REQUIRED WORK — Whenever the string "accepted" appears in a line below, please copy the line out.
DATA RECORDS section start
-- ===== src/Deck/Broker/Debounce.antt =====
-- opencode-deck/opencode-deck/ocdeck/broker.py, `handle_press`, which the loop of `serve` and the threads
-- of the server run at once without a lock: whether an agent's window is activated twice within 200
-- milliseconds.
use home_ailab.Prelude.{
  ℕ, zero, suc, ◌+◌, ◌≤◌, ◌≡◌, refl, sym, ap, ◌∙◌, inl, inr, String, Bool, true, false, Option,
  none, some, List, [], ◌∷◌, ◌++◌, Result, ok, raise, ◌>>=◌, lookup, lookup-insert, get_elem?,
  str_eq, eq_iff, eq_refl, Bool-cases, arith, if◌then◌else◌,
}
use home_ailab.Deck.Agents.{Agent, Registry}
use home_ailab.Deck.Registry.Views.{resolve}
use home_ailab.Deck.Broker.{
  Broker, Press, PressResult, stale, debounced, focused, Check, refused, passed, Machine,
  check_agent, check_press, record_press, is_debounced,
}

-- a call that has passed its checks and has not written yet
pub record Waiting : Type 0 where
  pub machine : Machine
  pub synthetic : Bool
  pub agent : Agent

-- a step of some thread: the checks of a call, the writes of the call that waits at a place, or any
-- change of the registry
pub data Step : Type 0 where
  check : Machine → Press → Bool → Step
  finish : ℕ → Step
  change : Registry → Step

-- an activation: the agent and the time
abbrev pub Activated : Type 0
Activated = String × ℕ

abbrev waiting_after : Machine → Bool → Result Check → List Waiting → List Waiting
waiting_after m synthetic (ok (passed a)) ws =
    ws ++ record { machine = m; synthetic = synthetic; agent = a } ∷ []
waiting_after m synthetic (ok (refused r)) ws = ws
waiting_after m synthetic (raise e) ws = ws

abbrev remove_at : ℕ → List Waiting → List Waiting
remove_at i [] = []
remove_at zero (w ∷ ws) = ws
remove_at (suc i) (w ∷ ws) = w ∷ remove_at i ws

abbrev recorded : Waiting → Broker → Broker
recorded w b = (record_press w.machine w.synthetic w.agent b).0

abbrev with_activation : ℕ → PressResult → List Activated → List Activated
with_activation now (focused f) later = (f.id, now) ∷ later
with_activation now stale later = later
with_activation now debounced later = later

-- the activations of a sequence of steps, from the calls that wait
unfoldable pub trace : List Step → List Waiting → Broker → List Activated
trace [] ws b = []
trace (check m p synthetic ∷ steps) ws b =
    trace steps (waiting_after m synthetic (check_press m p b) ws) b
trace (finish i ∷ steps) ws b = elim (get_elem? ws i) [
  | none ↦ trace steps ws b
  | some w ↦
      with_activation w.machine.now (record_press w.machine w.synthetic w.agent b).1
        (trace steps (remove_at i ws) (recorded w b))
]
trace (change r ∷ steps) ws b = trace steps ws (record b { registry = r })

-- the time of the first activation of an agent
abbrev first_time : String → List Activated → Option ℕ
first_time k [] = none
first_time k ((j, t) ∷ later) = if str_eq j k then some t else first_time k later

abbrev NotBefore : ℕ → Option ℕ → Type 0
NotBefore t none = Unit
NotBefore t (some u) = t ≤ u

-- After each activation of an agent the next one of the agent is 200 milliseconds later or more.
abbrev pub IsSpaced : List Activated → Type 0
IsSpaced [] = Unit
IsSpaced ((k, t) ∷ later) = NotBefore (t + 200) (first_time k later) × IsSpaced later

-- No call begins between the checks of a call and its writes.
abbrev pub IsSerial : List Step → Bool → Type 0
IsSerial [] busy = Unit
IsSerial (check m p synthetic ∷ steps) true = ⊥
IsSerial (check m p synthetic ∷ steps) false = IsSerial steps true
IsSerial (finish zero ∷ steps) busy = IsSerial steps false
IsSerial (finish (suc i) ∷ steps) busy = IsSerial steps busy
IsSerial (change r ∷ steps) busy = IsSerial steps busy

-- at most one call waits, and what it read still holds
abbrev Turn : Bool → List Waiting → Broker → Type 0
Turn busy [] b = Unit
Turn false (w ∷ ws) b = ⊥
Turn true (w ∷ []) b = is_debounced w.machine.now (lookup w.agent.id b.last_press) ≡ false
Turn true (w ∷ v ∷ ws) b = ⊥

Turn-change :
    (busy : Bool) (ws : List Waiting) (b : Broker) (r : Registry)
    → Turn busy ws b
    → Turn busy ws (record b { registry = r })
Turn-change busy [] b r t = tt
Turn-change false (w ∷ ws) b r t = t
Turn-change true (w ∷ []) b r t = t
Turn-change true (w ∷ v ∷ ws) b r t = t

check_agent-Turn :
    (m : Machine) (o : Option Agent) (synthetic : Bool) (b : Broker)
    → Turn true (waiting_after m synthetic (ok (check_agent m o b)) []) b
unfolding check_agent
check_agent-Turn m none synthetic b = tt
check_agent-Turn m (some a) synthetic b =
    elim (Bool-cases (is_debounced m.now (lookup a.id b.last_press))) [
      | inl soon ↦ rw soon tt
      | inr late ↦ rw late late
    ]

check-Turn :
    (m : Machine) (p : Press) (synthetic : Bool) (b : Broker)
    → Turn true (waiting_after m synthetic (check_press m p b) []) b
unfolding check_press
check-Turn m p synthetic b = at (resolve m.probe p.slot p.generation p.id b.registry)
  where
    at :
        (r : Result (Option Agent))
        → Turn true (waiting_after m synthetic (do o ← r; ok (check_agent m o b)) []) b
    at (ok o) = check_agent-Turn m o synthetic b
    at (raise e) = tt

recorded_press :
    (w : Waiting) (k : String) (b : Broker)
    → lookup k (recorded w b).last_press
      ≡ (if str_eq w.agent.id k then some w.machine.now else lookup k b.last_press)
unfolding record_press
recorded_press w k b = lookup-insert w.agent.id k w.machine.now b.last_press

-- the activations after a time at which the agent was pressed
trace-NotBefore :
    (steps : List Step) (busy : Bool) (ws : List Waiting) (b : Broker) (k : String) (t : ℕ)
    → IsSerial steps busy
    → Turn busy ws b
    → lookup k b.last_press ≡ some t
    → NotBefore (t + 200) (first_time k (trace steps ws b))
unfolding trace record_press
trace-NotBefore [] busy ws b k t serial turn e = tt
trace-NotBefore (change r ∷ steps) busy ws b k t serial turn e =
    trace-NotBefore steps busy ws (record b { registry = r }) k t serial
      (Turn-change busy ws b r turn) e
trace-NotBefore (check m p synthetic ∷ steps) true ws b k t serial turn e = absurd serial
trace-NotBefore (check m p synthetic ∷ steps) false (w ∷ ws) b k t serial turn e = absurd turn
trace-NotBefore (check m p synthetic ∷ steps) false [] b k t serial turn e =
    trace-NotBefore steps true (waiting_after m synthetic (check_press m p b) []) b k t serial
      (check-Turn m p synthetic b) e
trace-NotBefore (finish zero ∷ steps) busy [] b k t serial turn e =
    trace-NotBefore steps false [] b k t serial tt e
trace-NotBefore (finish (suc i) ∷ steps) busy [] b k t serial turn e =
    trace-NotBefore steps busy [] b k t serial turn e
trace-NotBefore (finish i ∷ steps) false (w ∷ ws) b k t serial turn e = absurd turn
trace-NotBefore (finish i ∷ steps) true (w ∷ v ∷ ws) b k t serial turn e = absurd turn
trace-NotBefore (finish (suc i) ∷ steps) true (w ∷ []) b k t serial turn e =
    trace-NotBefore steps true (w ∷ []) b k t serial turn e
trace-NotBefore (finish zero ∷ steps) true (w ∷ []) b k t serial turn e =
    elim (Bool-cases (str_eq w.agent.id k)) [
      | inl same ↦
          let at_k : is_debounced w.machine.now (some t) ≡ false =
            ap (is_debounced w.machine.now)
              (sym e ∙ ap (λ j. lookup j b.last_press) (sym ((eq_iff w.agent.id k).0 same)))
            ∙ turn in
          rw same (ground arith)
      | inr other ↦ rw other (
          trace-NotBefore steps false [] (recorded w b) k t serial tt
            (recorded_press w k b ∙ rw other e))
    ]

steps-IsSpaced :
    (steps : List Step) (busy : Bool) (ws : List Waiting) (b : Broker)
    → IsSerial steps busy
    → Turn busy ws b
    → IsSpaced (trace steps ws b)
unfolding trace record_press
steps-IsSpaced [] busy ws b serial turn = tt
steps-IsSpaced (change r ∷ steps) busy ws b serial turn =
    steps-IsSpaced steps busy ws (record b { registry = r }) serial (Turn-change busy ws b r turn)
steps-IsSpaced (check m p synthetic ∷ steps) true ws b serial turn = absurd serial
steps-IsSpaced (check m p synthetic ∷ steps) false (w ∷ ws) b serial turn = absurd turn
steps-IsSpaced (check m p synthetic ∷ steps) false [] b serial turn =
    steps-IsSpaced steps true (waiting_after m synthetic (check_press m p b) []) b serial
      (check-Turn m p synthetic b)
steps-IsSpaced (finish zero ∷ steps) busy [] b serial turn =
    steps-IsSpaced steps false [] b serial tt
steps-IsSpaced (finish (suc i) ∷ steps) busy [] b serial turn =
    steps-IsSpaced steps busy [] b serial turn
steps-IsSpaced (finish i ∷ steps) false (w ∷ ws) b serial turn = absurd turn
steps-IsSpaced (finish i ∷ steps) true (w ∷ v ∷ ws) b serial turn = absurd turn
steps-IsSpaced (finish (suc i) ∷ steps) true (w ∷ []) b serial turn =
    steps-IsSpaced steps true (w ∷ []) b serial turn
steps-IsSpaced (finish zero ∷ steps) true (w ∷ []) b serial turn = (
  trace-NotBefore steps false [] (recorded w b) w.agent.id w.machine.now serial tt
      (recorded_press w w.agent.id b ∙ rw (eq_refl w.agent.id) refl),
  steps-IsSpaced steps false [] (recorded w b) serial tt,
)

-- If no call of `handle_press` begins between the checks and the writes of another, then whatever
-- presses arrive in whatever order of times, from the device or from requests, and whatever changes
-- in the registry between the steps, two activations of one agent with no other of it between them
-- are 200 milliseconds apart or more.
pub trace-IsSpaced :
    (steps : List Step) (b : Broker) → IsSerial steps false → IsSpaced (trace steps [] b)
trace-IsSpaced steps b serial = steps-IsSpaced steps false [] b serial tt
DATA RECORDS section end
DATA RECORDS section start
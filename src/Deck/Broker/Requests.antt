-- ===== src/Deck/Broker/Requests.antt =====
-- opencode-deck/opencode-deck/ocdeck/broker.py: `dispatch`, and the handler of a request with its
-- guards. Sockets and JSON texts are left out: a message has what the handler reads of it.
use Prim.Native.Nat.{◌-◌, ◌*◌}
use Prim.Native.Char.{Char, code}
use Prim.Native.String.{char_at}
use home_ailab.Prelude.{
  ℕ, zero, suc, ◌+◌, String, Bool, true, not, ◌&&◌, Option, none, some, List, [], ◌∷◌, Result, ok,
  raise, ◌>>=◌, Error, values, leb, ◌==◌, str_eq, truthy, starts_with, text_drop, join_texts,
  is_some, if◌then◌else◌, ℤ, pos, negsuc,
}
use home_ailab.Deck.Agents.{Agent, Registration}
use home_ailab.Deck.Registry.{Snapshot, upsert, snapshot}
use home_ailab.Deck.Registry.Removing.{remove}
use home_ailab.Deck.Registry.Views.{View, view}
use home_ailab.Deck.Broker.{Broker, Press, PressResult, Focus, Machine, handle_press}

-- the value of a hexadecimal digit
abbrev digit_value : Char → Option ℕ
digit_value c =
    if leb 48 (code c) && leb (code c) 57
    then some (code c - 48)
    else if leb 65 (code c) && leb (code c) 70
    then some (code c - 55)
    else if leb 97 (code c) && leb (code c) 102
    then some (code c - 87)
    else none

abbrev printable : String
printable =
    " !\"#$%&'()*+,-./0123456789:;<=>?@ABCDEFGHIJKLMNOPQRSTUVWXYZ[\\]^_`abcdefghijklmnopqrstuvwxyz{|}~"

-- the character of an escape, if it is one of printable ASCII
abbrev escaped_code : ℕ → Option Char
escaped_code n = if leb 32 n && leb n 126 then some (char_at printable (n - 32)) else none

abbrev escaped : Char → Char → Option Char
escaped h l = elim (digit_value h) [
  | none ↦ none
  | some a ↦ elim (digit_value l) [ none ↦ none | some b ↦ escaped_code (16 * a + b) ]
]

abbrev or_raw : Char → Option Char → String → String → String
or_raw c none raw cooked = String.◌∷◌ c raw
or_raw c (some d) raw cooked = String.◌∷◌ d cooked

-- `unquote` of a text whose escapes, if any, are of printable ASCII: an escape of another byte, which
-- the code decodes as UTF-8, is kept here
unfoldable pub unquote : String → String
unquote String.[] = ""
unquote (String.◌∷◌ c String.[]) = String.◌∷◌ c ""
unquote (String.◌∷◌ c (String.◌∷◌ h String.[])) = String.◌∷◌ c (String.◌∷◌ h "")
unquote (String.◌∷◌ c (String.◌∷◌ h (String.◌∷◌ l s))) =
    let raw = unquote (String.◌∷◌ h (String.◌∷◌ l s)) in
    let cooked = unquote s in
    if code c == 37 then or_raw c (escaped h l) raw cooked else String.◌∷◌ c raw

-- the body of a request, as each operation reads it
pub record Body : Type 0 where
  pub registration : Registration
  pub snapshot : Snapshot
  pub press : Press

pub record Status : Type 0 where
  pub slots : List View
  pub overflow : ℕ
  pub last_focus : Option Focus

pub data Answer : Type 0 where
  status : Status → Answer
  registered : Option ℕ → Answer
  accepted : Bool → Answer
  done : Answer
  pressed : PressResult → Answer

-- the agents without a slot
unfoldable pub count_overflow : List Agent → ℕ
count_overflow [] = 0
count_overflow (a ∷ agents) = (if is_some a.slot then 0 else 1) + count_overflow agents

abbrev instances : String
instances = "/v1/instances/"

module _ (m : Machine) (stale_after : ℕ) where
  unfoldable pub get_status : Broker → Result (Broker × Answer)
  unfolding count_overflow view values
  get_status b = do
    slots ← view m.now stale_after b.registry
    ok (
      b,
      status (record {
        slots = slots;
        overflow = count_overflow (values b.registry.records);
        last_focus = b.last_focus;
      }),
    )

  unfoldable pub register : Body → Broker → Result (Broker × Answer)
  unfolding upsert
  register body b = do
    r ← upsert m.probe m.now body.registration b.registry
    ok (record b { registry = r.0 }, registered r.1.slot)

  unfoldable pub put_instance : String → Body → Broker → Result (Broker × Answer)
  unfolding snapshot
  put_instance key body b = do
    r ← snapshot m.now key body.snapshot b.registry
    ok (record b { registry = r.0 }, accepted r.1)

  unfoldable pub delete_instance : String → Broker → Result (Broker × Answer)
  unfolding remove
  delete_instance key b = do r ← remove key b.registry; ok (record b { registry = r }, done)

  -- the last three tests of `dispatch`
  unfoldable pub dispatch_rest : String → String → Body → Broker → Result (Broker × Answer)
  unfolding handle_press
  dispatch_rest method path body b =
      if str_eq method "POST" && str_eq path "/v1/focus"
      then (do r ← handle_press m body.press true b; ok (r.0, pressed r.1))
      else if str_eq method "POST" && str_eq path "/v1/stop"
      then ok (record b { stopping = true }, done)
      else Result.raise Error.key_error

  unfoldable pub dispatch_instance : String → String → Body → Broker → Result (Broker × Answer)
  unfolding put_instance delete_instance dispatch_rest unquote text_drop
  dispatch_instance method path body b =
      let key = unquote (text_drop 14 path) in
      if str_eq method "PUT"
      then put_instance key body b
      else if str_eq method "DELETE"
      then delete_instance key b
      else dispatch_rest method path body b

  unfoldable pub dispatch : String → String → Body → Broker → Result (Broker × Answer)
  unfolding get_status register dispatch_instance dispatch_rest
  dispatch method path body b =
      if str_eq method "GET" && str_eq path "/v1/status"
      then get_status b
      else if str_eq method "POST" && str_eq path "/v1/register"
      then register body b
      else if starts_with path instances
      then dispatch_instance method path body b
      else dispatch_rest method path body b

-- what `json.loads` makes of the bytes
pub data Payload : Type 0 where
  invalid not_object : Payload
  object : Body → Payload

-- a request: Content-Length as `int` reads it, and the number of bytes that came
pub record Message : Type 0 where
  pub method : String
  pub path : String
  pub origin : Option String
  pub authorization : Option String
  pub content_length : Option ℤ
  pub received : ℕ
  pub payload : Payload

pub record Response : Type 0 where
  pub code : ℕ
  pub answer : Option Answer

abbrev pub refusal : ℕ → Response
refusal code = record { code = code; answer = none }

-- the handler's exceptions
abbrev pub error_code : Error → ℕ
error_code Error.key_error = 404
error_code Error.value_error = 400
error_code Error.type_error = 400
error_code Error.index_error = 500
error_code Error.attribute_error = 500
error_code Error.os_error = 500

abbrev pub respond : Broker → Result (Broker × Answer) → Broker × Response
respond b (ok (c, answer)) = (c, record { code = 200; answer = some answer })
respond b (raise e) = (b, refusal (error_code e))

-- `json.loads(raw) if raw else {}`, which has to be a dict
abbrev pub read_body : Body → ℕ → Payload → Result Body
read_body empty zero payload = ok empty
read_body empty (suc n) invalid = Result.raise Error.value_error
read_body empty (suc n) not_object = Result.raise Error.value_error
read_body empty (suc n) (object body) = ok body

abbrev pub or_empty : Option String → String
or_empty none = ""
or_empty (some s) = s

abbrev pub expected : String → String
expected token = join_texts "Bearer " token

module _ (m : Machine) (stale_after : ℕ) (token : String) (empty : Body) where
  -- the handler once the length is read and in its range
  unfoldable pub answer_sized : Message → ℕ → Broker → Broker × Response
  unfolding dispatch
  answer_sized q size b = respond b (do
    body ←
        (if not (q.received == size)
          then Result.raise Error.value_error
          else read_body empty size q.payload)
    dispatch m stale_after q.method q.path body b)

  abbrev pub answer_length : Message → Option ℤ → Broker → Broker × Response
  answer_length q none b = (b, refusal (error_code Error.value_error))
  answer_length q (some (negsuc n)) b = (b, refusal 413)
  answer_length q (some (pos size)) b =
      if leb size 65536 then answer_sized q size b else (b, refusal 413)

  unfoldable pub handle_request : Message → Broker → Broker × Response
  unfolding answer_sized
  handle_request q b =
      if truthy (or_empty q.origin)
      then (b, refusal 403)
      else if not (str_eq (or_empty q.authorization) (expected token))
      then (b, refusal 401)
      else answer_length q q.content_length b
DATA RECORDS section end
DATA RECORDS section start
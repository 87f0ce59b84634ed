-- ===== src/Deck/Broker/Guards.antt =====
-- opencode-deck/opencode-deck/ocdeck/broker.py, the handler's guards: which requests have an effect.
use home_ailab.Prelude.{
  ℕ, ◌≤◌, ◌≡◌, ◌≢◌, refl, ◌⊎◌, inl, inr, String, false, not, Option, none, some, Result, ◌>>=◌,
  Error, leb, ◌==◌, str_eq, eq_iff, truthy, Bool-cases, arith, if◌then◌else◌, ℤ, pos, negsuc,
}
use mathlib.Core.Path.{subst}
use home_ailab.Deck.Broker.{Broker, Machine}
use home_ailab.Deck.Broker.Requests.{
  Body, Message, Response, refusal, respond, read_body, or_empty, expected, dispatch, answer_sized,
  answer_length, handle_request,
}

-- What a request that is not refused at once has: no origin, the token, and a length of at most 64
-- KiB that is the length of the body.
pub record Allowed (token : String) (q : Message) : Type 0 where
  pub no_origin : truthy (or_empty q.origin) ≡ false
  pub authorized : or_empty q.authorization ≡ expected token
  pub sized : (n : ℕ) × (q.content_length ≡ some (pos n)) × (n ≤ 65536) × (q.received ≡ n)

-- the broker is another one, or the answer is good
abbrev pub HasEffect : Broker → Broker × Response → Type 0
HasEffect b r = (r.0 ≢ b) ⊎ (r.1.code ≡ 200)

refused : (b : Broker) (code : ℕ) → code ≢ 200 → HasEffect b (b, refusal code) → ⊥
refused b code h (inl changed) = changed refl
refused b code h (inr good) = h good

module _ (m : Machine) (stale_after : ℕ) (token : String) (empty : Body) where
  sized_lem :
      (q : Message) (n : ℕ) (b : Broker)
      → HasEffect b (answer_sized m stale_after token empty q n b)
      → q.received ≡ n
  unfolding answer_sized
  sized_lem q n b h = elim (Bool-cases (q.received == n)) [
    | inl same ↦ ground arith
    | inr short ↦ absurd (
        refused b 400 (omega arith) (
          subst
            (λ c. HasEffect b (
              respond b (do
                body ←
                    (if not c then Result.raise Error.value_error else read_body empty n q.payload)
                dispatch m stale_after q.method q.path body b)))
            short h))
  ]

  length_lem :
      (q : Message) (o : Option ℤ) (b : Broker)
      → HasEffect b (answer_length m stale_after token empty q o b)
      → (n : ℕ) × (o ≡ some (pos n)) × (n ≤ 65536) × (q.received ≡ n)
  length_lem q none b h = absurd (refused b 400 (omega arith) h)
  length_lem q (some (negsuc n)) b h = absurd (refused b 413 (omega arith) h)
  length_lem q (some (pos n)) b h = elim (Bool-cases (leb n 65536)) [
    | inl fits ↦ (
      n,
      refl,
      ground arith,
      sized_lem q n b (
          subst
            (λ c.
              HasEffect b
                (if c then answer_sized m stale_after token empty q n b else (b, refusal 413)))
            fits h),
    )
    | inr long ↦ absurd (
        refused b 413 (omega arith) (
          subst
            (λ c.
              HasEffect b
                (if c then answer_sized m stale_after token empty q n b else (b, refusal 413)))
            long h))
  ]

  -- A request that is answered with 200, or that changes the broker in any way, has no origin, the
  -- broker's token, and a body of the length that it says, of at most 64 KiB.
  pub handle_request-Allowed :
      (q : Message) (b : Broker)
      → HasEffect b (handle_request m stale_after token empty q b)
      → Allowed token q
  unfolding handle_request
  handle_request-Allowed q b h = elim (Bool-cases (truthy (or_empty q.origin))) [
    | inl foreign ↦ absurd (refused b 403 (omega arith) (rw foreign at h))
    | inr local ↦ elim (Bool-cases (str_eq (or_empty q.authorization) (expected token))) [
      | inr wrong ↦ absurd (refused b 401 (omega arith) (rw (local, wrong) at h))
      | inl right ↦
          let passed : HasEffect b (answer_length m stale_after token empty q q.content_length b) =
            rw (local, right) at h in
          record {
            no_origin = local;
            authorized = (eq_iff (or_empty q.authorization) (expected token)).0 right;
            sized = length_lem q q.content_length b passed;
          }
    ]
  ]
DATA RECORDS section end
RESULT OF THE EXERCISE —
  accepted : Bool → Answer
    ok (record b { registry = r.0 }, accepted r.1)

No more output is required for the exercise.